What is needed
Scan the records below. List lines holding "some".

Listed entries
..............................
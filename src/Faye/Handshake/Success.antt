-- ===== src/Faye/Handshake/Success.antt =====
-- What a handshake that succeeds has established.
use matrix_groupme_bridge.Prelude.{
  ℕ, ◌≡◌, refl, String, List, [], ◌∷◌, Option, none, some, true, not, ◌&&◌, ◌==◌, ltb, ◌>>=◌, zero,
  suc, length, get_elem?, set, Bool-cases, inl, inr, Ends, Ends-continue, Ends-all, Ends-mono, pure,
}
use matrix_groupme_bridge.Faye.Message.{Message}
use matrix_groupme_bridge.Faye.Transport.{
  Net, Transport, http, websocket, connection_type, contains, set_timeout_seconds,
}
use matrix_groupme_bridge.Faye.Transport.Selection.{Selected, select_transport-Selected}
use matrix_groupme_bridge.Faye.Client.{connected, Sys}
use matrix_groupme_bridge.Faye.Subscribe.All.{resubscribe_all_lem}
use matrix_groupme_bridge.Faye.Handshake.{
  update_at, select, adopt, renew_subscriptions, greeted, until_greeted, begin, handshake_with,
  wait_first, is_disconnected, handshake, connection_timeout_seconds,
}

pub connection_type-set_timeout_seconds :
    {Conn : Type 0} (n : ℕ) (t : Transport Conn)
    → connection_type (set_timeout_seconds n t) ≡ connection_type t
unfolding connection_type set_timeout_seconds
connection_type-set_timeout_seconds n (http url) = refl
connection_type-set_timeout_seconds n (websocket wt) = refl

get_elem?-set_present {ℓ} :
    {A : Type ℓ} (xs : List A) (i : ℕ) (v : A) {x : A}
    → get_elem? xs i ≡ some x
    → get_elem? (set xs i v) i ≡ some v
get_elem?-set_present [] i v e = cc
get_elem?-set_present (y ∷ xs) zero v e = refl
get_elem?-set_present (y ∷ xs) (suc i) v e = get_elem?-set_present xs i v e

pub get_elem?-update_at {ℓ} :
    {A : Type ℓ} (f : A → A) (i : ℕ) (xs : List A) {x : A}
    → get_elem? xs i ≡ some x
    → get_elem? (update_at f i xs) i ≡ some (f x)
unfolding update_at
get_elem?-update_at f i xs e = rw (e, update_at) (get_elem?-set_present xs i _ e)

-- The client took the response's identifier, is connected, and its transport is a registered one of a
-- kind that the response supports.
pub record IsGreeted (net : Net) (response : Message) (s : Sys net) : Type 0 where
  pub state : s.client.state ≡ connected
  pub client_id : s.client.client_id ≡ response.client_id
  pub index : ℕ
  pub chosen : Transport net.Conn
  pub transport : s.client.transport ≡ some index
  pub registered : get_elem? s.registered index ≡ some chosen
  pub supported : contains response.supported_connection_types (connection_type chosen) ≡ true

module _ (net : Net) (response : Message) where
  renew_subscriptions-IsGreeted :
      (old_client_id : String) (s : Sys net)
      → IsGreeted net response s
      → Ends (λ _ u. IsGreeted net response u) (renew_subscriptions net old_client_id s)
  unfolding renew_subscriptions
  renew_subscriptions-IsGreeted old_client_id s h =
      elim (Bool-cases
        (not (old_client_id == s.client.client_id) && ltb 0 (length s.client.subscriptions))) [
          | inl changed ↦
              rw (changed, resubscribe_all_lem net s)
                (record {
                  state = h.state;
                  client_id = h.client_id;
                  index = h.index;
                  chosen = h.chosen;
                  transport = h.transport;
                  registered = h.registered;
                  supported = h.supported;
                })
          | inr same ↦ rw same h
        ]

  -- Adopting what was selected among the kinds that the response supports.
  adopt-IsGreeted :
      (found : Option ℕ) (old_client_id : String) (s : Sys net)
      → Selected net s.client.url response.supported_connection_types s.registered found
      → s.client.state ≡ connected
      → s.client.client_id ≡ response.client_id
      → Ends
          (λ _ u. IsGreeted net response u)
          ((adopt net found >>= λ _. renew_subscriptions net old_client_id) s)
  unfolding adopt
  adopt-IsGreeted none old_client_id s h p q = tt
  adopt-IsGreeted (some i) old_client_id s (t, at, fits) p q =
      renew_subscriptions-IsGreeted old_client_id _ (record {
        state = p;
        client_id = q;
        index = i;
        chosen = set_timeout_seconds connection_timeout_seconds t;
        transport = refl;
        registered = get_elem?-update_at _ i s.registered at;
        supported = rw connection_type-set_timeout_seconds fits;
      })

  pub greeted-IsGreeted :
      (s : Sys net) → Ends (λ _ u. IsGreeted net response u) (greeted net response s)
  unfolding greeted select adopt
  greeted-IsGreeted s =
      adopt-IsGreeted _ s.client.client_id _
        (select_transport-Selected net s.client.url response.supported_connection_types s.registered
          s.world)
        refl refl

abbrev pub Success : (net : Net) → Option String → Sys net → Type 0
Success net none u = (response : Message) × IsGreeted net response u
Success net (some e) u = Unit

module _ (net : Net) (fuel : ℕ) where
  after_greeting :
      (response : Message) (s : Sys net)
      → Ends (Success net) ((greeted net response >>= λ _. pure none) s)
  after_greeting response s =
      Ends-continue (Success net) (greeted net response s) (λ _. pure none)
        (Ends-mono _ _ (greeted net response s) (λ _ u h. (response, h))
          (greeted-IsGreeted net response s))

  handshake_with-Success :
      (found : Option ℕ) (s : Sys net) → Ends (Success net) (handshake_with net fuel found s)
  unfolding handshake_with begin until_greeted
  handshake_with-Success none s = tt
  handshake_with-Success (some i) s =
      Ends-continue (Success net) (until_greeted net fuel _) _
        (Ends-all _ (until_greeted net fuel _) after_greeting)

  pub handshake-Success : (s : Sys net) → Ends (Success net) (handshake net fuel s)
  unfolding handshake select
  handshake-Success s = elim (Bool-cases (is_disconnected s.client.state)) [
    | inl told ↦ rw told tt
    | inr free ↦ rw free (
        Ends-continue (Success net) (wait_first net s) _
          (Ends-all _ (wait_first net s) λ _ t. handshake_with-Success _ _))
  ]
..............................
Written solution
  ℕ, ◌≡◌, refl, String, List, [], ◌∷◌, Option, none, some, true, not, ◌&&◌, ◌==◌, ltb, ◌>>=◌, zero,
    → get_elem? xs i ≡ some x
    → get_elem? (set xs i v) i ≡ some v
    → get_elem? xs i ≡ some x
    → get_elem? (update_at f i xs) i ≡ some (f x)
  pub transport : s.client.transport ≡ some index
  pub registered : get_elem? s.registered index ≡ some chosen
  adopt-IsGreeted (some i) old_client_id s (t, at, fits) p q =
Success net (some e) u = Unit
  handshake_with-Success (some i) s =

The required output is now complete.